RBI has streamlined regulations and ensured an easy flow of venture funds to startup propositions and has relaxed the norms for external commercial borrowings. It has expanded the list of recognised lenders and prescribed more flexible conditions for long term borrowings made in foreign currency. Striving to simplify the provisions regarding ECB’s, the RBI has announced that banks accept pleas from debtors for the extension of matured but outstanding ECBs, if no extra expense is borne, lender’s approval is permissible and reporting mandates are fulfilled.

The aforementioned revisions have opened the gates to boost the availability of fundraising opportunities for Indian companies from overseas investors and lenders.

SOP for Putting Indelible Ink on the Finger of the Customers


RBI/2016-17/133
DCM (Plg) No.1280/10.27.00/2016-17
November 15, 2016

The Chairman / Managing Director/Chief Executive Officer,
Public Sector Banks / Private Sector Banks/ Foreign Banks
Regional Rural Banks / Urban Co-operative Banks / State Co-operative Banks

Dear Sir

Standard Operating Procedure (SOP) for putting indelible ink on the finger of the customers coming to a bank branch for SBNs

Please refer to our Circular No. DCM (Plg) No.1226/10.27.00/2016-17 dated November 08, 2016 on the captioned subject. Based on feedback received from various quarters, it is felt that there is a need to put in place a Standard Operating Procedure (SOP) for such exchange of Specified Bank Notes (SBNs). Accordingly, ROs are advised to put in place the following measures.
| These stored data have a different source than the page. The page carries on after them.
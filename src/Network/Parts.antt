-- ===== src/Network/Parts.antt =====
-- The paths, and the tests on a proposal, that the checks of network_validate.c use.
use cedar_switch_3i4o_power.Common.{
  ℕ, zero, suc, ◌+◌, ◌/◌, ◌%◌, Bool, true, false, ◌&&◌, ◌||◌, not, Option, none, some, [], ◌∷◌,
  ◌++◌, Bytes, codes, bytes_eq, take, leb, ◌==◌, if◌then◌else◌,
}
use cedar_switch_3i4o_power.Network.Types.{
  DeviceAddr, DeviceIpv4, DeviceConfig, NetworkConfigInput, NetworkStatus, interface_ethernet,
  ssid_max_len,
}

abbrev pub path_eth : Bytes
path_eth = codes "/config/interfaces/ethernet"

abbrev pub path_wifi : Bytes
path_wifi = codes "/config/interfaces/wifi"

abbrev pub path_dns_servers : Bytes
path_dns_servers = codes "/config/dns/servers"

abbrev pub path_preferred : Bytes
path_preferred = codes "/config/preferred_interface"

-- `iface_path`
unfoldable pub iface_path : ℕ → Bytes
iface_path iface = if iface == interface_ethernet then path_eth else path_wifi

-- `ipv4_path` into a buffer of 96 bytes
unfoldable pub ipv4_path : ℕ → Bytes → Bytes
unfolding iface_path
ipv4_path iface field = take 95 (iface_path iface ++ (codes "/ipv4/" ++ field))

-- `addr_is_zero` of the first `n` bytes
unfoldable pub addr_is_zero : Bytes → ℕ → Bool
addr_is_zero addr zero = true
addr_is_zero [] (suc n) = true
addr_is_zero (b ∷ addr) (suc n) = b == 0 && addr_is_zero addr n

-- `input->config.wifi` keeps the network of the committed profile: `same_ssid`.
unfoldable pub same_ssid : NetworkConfigInput → DeviceConfig → Bool
same_ssid input committed =
    let wifi = input.config.wifi in
    not input.ssid_invalid
    && committed.wifi.ssid_len == wifi.ssid_len
    && leb wifi.ssid_len ssid_max_len
    && bytes_eq (take wifi.ssid_len committed.wifi.ssid) (take wifi.ssid_len wifi.ssid)

unfoldable pub interface_enabled : DeviceConfig → ℕ → Bool
interface_enabled cfg iface =
    if iface == interface_ethernet then cfg.ethernet.enabled else cfg.wifi.enabled

abbrev pub secret_max_len : ℕ
secret_max_len = 96

abbrev pub no_value : Option Bytes → Bool
no_value none = true
no_value (some _) = false

-- `memcmp(ipv4->address, ipv4->gateway, 4) == 0`
abbrev pub same_address : DeviceIpv4 → Bool
same_address ipv4 = bytes_eq (take 4 ipv4.address) (take 4 ipv4.gateway)

-- `add_server_field` builds this path.
unfoldable pub server_path : ℕ → Bytes
server_path index =
    let tens = if leb 10 index then ((b'0' + index / 10) % 256) ∷ [] else [] in
    path_dns_servers ++ (b'/' ∷ (tens ++ ((b'0' + index % 10) ∷ [])))

-- A resolver's address: of a known family, and not all zero.
unfoldable pub bad_server : DeviceAddr → Bool
unfolding addr_is_zero
bad_server s =
    not (s.family == 4 || s.family == 6) || addr_is_zero s.bytes (if s.family == 4 then 4 else 16)

abbrev pub no_server : DeviceAddr
no_server = record { family = 0; bytes = [] }

-- The recovery path: `eth_path || wifi_path`.
unfoldable pub has_path : DeviceConfig → NetworkStatus → Bool
has_path cfg status =
    (cfg.ethernet.enabled && status.ethernet.present && status.ethernet.link_up)
    || (cfg.wifi.enabled && status.wifi.present && status.wifi.link_up)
i. While exchanging the SBNs, the concerned bank branch and post offices would put indelible ink mark on the right index finger of the customer so as to identify that he/she has exchanged the old currency notes only once.

ii. The indelible ink would be supplied to the bank/post offices by IBA in coordination with the banks and consultation with RBI.

iii. This procedure would be introduced to begin with in the metro cities and expanded to other areas later.

iv. Each bank branch will be provided with black indelible ink bottles of 5 ml each. The cap of the bottle includes a small brush for applying the ink.

v. The indelible ink can be applied by the cashier or any other official designated by the bank before the notes are given to the customer so that while the exchange of notes is taking place, a few seconds elapse which will allow the ink to dry up and prevent removal of ink.

vi. Indelible ink on the index finger of the left hand or any other finger of the left hand may not be used as a pretext to deny exchange of old notes.

Yours faithfully,
(P Vijaya Kumar)
Chief General Manager

RBI Circular: withdrawal for Legal Tender of ₹ 500 & 1000 Notes


RBI/2016-17/123
DCM (Plg) No.1251/10.27.00/2016-17
November 10, 2016

The Chairman / Managing Director/ Chief Executive Officer,
Public Sector Banks/ Private Sector Banks / Foreign Banks/
Regional Rural Banks / Urban Cooperative Banks/
State Cooperative Banks

Dear Sir

Withdrawal of Legal Tender Character of existing ₹ 500/- and ₹ 1000/- Bank Notes –Limit for Withdrawal of Cash

Please refer to our circular DCM (Plg) No.1226/10.27.00/2016-17 November 08, 2016.

2. In terms of para 3.c (iv) of the said circular, cash withdrawal from a bank account over the counter shall be restricted to ₹ 10,000/- per day subject to an overall limit of ₹ 20,000/- a week from the date of the notification until the end of business hours on 24th November, 2016, after which these limits shall be reviewed. It is clarified that the above limits are not applicable to cash withdrawal from a bank account by

i. one bank from another bank,
ii. Post Office,
iii. Money changers operating at International airports and
iv. operators of White Label ATMs.
3. The branches maintaining Currency Chests are advised to accommodate the requests from other branches in their vicinity – linked or otherwise – for supply of cash.
4. Deposits of Specified bank Notes into all types of deposit/loan accounts is allowed subject to CTR/STR reporting.